----- STUDY MATERIAL -----

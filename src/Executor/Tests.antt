-- ===== src/Executor/Tests.antt =====
-- A concrete call and a concrete object, for the theorems on executors.
use demeter.Prelude.{
  contains, lookup, Str, bytes, str_eqb, nat_eq, str_eq, ℕ, ◌≡◌, refl, true, false, some, List, [],
  ◌∷◌, ◌++◌, arith,
}
use demeter.Names.{get_local_object_name, split}
use demeter.Scheduler.Calls.{call_message, resource_meta}
use demeter.Scheduler.{Scheduler, on_helper, emit, to_executor}
use demeter.Scheduler.Executors.{handle_executor}
use demeter.Scheduler.Sends.{send_ephemeral}
use demeter.Scheduler.Tests.{env, worker}
use demeter.Executor.{
  UserLibrary, EpheObject, wanted_name, create_in_bucket, object_of_response, get_object,
  send_object, new_library,
}
use demeter.Executor.Exchange.{get_object-handle_executor}
use demeter.Executor.Sending.{IsPlain, packing_flag, received, send_object-handle_executor}
use demeter.Executor.Calls.{parse_call}
use demeter.Executor.Calls.Received.{IsText, AreArgs, parse_call-call_message}

abbrev session : Str
session = bytes "0123456789abcdef"

abbrev args : List Str
args = bytes "100x100" ∷ [] ∷ bytes "png" ∷ []

session-IsText : IsText session
unfolding contains
session-IsText = (refl, refl)

args-AreArgs : AreArgs (bytes "resize") args
unfolding contains
args-AreArgs = ((refl, refl), ((refl, refl), ((refl, refl), ((refl, refl), refl))))

parse_call-call_message_example :
    parse_call (call_message [] session (bytes "resize") args 0 (resource_meta (bytes "1.0") 128))
    ≡ some (record {
      arg_flag = 0;
      persist_output_flag = 1;
      resource_parts = split (resource_meta (bytes "1.0") 128) b',';
      session_id = session;
      func_name = bytes "resize";
      func_args = args;
    })
unfolding str_eqb
parse_call-call_message_example =
    parse_call-call_message [] session (bytes "resize") args 0 (bytes "1.0") 128 session-IsText
      args-AreArgs

abbrev library : UserLibrary
library = record (new_library (bytes "10.0.0.1") 0) {
  function = bytes "resize";
  session_id = session;
}

abbrev picture : EpheObject
picture = create_in_bucket (bytes "pics") (bytes "cat") 6 library

-- The picture is on the node.
abbrev stored_worker : Scheduler ℕ
stored_worker = record worker {
  key_len_map = (wanted_name (bytes "pics") (bytes "cat") true library, 6) ∷ [];
}

get_object-handle_executor_example :
    (answer : Str) × (handle_executor env 0
        (get_object (bytes "pics") (bytes "cat") true library).0
        stored_worker
      ≡ some (on_helper (emit (to_executor 0 answer) stored_worker.helper) stored_worker))
    × (object_of_response
          (wanted_name (bytes "pics") (bytes "cat") true library)
          (get_object (bytes "pics") (bytes "cat") true library).1.rid
          (some answer)
        ≡ some (
            some (record {
              obj_name = wanted_name (bytes "pics") (bytes "cat") true library;
              size = 6;
              target_func = [];
            })))
unfolding new_library
get_object-handle_executor_example =
    get_object-handle_executor env 0 (bytes "pics") (bytes "cat") 6 library stored_worker
      (omega arith, omega arith, omega arith) (unfold get_local_object_name in omega arith)
      (omega arith) (unfold lookup str_eqb get_local_object_name in refl)

picture-IsPlain : IsPlain library picture (bytes "pics") (bytes "cat" ++ session) (bytes "pixels")
unfolding contains create_in_bucket get_local_object_name
picture-IsPlain = record {
  named = refl;
  session_text = (refl, refl);
  function_text = (refl, refl);
  target_text = (refl, refl);
  bucket_text = (refl, refl);
  key_text = (refl, refl);
  content_text = (refl, refl);
  full = refl;
}

send_object-handle_executor_example :
    handle_executor env 0 (send_object picture (bytes "pixels") false library).0 worker
    ≡ send_ephemeral env 0
        (packing_flag picture)
        (received library picture (bytes "pics") (bytes "cat" ++ session) (bytes "pixels"))
        worker
unfolding new_library
send_object-handle_executor_example =
    send_object-handle_executor env 0 (bytes "pics") (bytes "cat" ++ session) (bytes "pixels")
      picture false library worker (omega arith, omega arith, omega arith) picture-IsPlain
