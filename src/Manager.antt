-- ===== src/Manager.antt =====
-- pheromone/src/manager/manager_server.cpp: the manager knows the coordinators, and tells a client which
-- of them an application belongs to.
pub mod Assignment
pub mod Tests
use demeter.Prelude.{
  if◌then◌else◌, ◌>>=◌, length, get_elem?, Map, or_default, lookup, insert, ◌==◌, Str, nat_eq,
  str_eq, ℕ, ◌%◌, Bool, ◌&&◌, Option, none, some, List, [], ◌∷◌, ◌++◌,
}

pub record CoordIp : Type 0 where
  pub public_ip : Str
  pub private_ip : Str
  pub thread_id : ℕ

-- `CoordIp::operator==`
unfoldable pub same_coord : CoordIp → CoordIp → Bool
same_coord a b =
    a.public_ip == b.public_ip && a.private_ip == b.private_ip && a.thread_id == b.thread_id

-- `std::set::insert`, by that equality.
unfoldable pub add_coord : CoordIp → List CoordIp → List CoordIp
unfolding same_coord
add_coord c [] = c ∷ []
add_coord c (d ∷ ds) = let rest = add_coord c ds in if same_coord d c then d ∷ ds else d ∷ rest

pub record CoordQuery : Type 0 where
  pub application : Str
  pub request_id : Str

pub record CoordResponse : Type 0 where
  pub coord_ip : Str
  pub thread_id : ℕ
  pub request_id : Str

-- The variables of `run`.
pub record Manager : Type 0 where
  pub app_coord_map : Map Str (Str × ℕ)
  pub coord_ips : List CoordIp
  pub seed : ℕ

pub data Request : Type 0 where
  coord_sync : CoordIp → Request
  coord_query : CoordQuery → Request

unfoldable pub sync : CoordIp → Manager → Manager
unfolding add_coord
sync c m = record m { coord_ips = add_coord c m.coord_ips }

abbrev pub response_of : CoordQuery → Str × ℕ → CoordResponse
response_of q coord = record { coord_ip = coord.0; thread_id = coord.1; request_id = q.request_id }

module _ (rand_r : ℕ → ℕ × ℕ) (external_user : Bool) where
  -- A coordinator at random; without one, the remainder is by zero.
  unfoldable pub pick_coord : Manager → Option ((Str × ℕ) × ℕ)
  pick_coord m = do
    let (r, seed) = rand_r m.seed
    c ← get_elem? m.coord_ips (r % length m.coord_ips)
    some ((if external_user then c.public_ip else c.private_ip, c.thread_id), seed)

  -- The application's entry, which is made if it is not there.
  unfoldable pub assign : Str → Option (Str × ℕ) → Manager → Option Manager
  unfolding pick_coord
  assign app (some coord) m = some m
  assign app none m = do
    (coord, seed) ← pick_coord m
    some (record m { app_coord_map = insert app coord m.app_coord_map; seed = seed })

  unfoldable pub with_app : Str → Manager → Option Manager
  unfolding assign
  with_app app m = assign app (lookup app m.app_coord_map) m

  unfoldable pub query : CoordQuery → Manager → Option (Manager × CoordResponse)
  unfolding with_app
  query q m = do
    m' ← with_app q.application m
    some (m', response_of q (or_default ([], 0) (lookup q.application m'.app_coord_map)))

  -- One message, and the response to a query.
  unfoldable pub step : Request → Manager → Option (Manager × List CoordResponse)
  unfolding sync query
  step (coord_sync c) m = some (sync c m, [])
  step (coord_query q) m = do (m', resp) ← query q m; some (m', resp ∷ [])

  unfoldable pub run : List Request → Manager → Option (Manager × List CoordResponse)
  unfolding step
  run [] m = some (m, [])
  run (request ∷ requests) m = do
    (m', sent) ← step request m
    (m'', later) ← run requests m'
    some (m'', sent ++ later)
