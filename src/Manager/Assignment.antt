-- ===== src/Manager/Assignment.antt =====
-- pheromone/src/manager/manager_server.cpp: the coordinator of an application.
use native.Mathlib.Nat.{mod-lt}
use demeter.Prelude.{
  length, is_nil, get_elem?, Map, or_default, lookup, insert, lookup-insert, Str, str_eqb_iff,
  nat_eq, str_eq, eq_refl, ℕ, zero, suc, ◌%◌, ◌<◌, ◌≡◌, refl, sym, ap, subst, ◌∙◌, Bool, false,
  Option, none, some, List, [], ◌∷◌, arith,
}
use demeter.Manager.{
  assign, CoordIp, add_coord, Manager, CoordQuery, CoordResponse, Request, coord_sync, coord_query,
  sync, pick_coord, with_app, response_of, query, step, run,
}

add_coord-not_nil : (c : CoordIp) (ds : List CoordIp) → is_nil (add_coord c ds) ≡ false
unfolding add_coord
add_coord-not_nil c [] = refl
add_coord-not_nil c (d ∷ ds) = ground arith

get_elem?-some :
    {A : Type 0} (xs : List A) (i : ℕ) → i < length xs → (a : A) × (get_elem? xs i ≡ some a)
get_elem?-some [] i h = absurd (omega (arith, h))
get_elem?-some (x ∷ xs) zero h = (x, refl)
get_elem?-some (x ∷ xs) (suc i) h = get_elem?-some xs i (omega (arith, h))

not_nil {ℓ} : {A : Type ℓ} (xs : List A) → is_nil xs ≡ false → 0 < length xs
not_nil [] h = absurd (ground (arith, h))
not_nil (x ∷ xs) h = omega arith

-- The application has that coordinator, and there are coordinators.
pub record Assigned (app : Str) (coord : Str × ℕ) (m : Manager) : Type 0 where
  pub entry : lookup app m.app_coord_map ≡ some coord
  pub known : is_nil m.coord_ips ≡ false

module _ (rand_r : ℕ → ℕ × ℕ) (external_user : Bool) where
  pick_coord-some :
      (m : Manager)
      → is_nil m.coord_ips ≡ false
      → (r : (Str × ℕ) × ℕ) × (pick_coord rand_r external_user m ≡ some r)
  unfolding pick_coord
  pick_coord-some m known =
      let picked =
        get_elem?-some m.coord_ips ((rand_r m.seed).0 % length m.coord_ips)
          (mod-lt (rand_r m.seed).0 (not_nil m.coord_ips known)) in
      rw (picked.1) (_, refl)

  insert-kept :
      (app other : Str) (coord c : Str × ℕ) (m : Map Str (Str × ℕ))
      → lookup app m ≡ none
      → lookup other m ≡ some c
      → lookup other (insert app coord m) ≡ some c
  insert-kept app other coord c m missing entry = ground (
    arith,
    lookup-insert app other coord m,
    λ (e : app ≡ other). sym missing ∙ ap (λ k. lookup k m) e,
    str_eqb_iff app other,
    entry,
    missing,
  )

  -- An application that is asked for has a coordinator from then on, and others keep theirs.
  Assigns : Str → Manager → Option Manager → Type 0
  Assigns app m o =
      (m' : Manager) × (coord : Str × ℕ) × (o ≡ some m')
      × Assigned app coord m'
      × ((other : Str) (c : Str × ℕ) → Assigned other c m → Assigned other c m')

  assign-Assigns :
      (app : Str) (found : Option (Str × ℕ)) (m : Manager)
      → is_nil m.coord_ips ≡ false
      → lookup app m.app_coord_map ≡ found
      → Assigns app m (assign rand_r external_user app found m)
  unfolding assign Assigns
  assign-Assigns app (some coord) m known found =
      (m, coord, refl, record { entry = found; known = known }, λ other c a. a)
  assign-Assigns app none m known missing =
      let picked = pick_coord-some m known in
      rw (picked.1) (
        _,
        picked.0.0,
        refl,
        record {
          entry = lookup-insert app app picked.0.0 m.app_coord_map ∙ rw (eq_refl app) refl;
          known = known;
        },
        λ other c a. record {
          entry = insert-kept app other picked.0.0 c m.app_coord_map missing a.entry;
          known = known;
        },
      )

  -- The response to a query is that of the application's entry.
  query-Assigned :
      (q : CoordQuery) (coord : Str × ℕ) (m m' : Manager)
      → assign rand_r external_user q.application (lookup q.application m.app_coord_map) m ≡ some m'
      → Assigned q.application coord m'
      → query rand_r external_user q m ≡ some (m', response_of q coord)
  unfolding query with_app
  query-Assigned q coord m m' e a =
      rw e (ap (λ o. some (m', response_of q (or_default ([], 0) o))) a.entry)

  assign-again :
      (app : Str) (coord : Str × ℕ) (m : Manager)
      → Assigned app coord m
      → assign rand_r external_user app (lookup app m.app_coord_map) m ≡ some m
  unfolding assign
  assign-again app coord m a = rw (a.entry) refl

  -- What every message does for an application that has a coordinator.
  step-Assigned :
      (request : Request) (app : Str) (coord : Str × ℕ) (m : Manager)
      → Assigned app coord m
      → (r : Manager × List CoordResponse) × (step rand_r external_user request m ≡ some r)
        × Assigned app coord r.0
  unfolding step sync query with_app Assigns
  step-Assigned (coord_sync c) app coord m a =
      (_, refl, record { entry = a.entry; known = add_coord-not_nil c m.coord_ips })
  step-Assigned (coord_query q) app coord m a =
      let assigned =
        assign-Assigns q.application (lookup q.application m.app_coord_map) m a.known refl in
      rw (assigned.2) (_, refl, assigned.4 app coord a)

  run-Assigned :
      (requests : List Request) (app : Str) (coord : Str × ℕ) (m : Manager)
      → Assigned app coord m
      → (r : Manager × List CoordResponse) × (run rand_r external_user requests m ≡ some r)
        × Assigned app coord r.0
  unfolding run
  run-Assigned [] app coord m a = (_, refl, a)
  run-Assigned (request ∷ requests) app coord m a =
      let first = step-Assigned request app coord m a in
      let later = run-Assigned requests app coord first.0.0 first.2 in
      rw (first.1, later.1) (_, refl, later.2)

  -- A query is answered if some coordinator has reported itself, and whatever messages follow, every
  -- later query for the same application is answered with the same coordinator.
  pub query-sticky :
      (q later : CoordQuery) (requests : List Request) (m : Manager)
      → is_nil m.coord_ips ≡ false
      → later.application ≡ q.application
      → (coord : Str × ℕ) × (m1 m2 m3 : Manager) × (sent : List CoordResponse) × (query rand_r
            external_user q m
          ≡ some (m1, response_of q coord))
        × (run rand_r external_user requests m1 ≡ some (m2, sent))
        × (query rand_r external_user later m2 ≡ some (m3, response_of later coord))
  unfolding Assigns
  query-sticky q later requests m known e =
      let first =
        assign-Assigns q.application (lookup q.application m.app_coord_map) m known refl in
      let rest = run-Assigned requests q.application first.1 first.0 first.3 in
      let still = subst (λ app. Assigned app first.1 rest.0.0) (sym e) rest.2 in
      (
        first.1,
        first.0,
        rest.0.0,
        rest.0.0,
        rest.0.1,
        query-Assigned q first.1 m first.0 first.2 first.3,
        rest.1,
        query-Assigned later first.1 rest.0.0 rest.0.0
            (assign-again later.application first.1 rest.0.0 still) still,
      )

-----

WORK TO COMPLETE
Your answer should consist of the lines above that hold the word "contains".

OUTPUT OF THE TASK
  contains, lookup, Str, bytes, str_eqb, nat_eq, str_eq, ℕ, ◌≡◌, refl, true, false, some, List, [],
unfolding contains
unfolding contains
unfolding contains create_in_bucket get_local_object_name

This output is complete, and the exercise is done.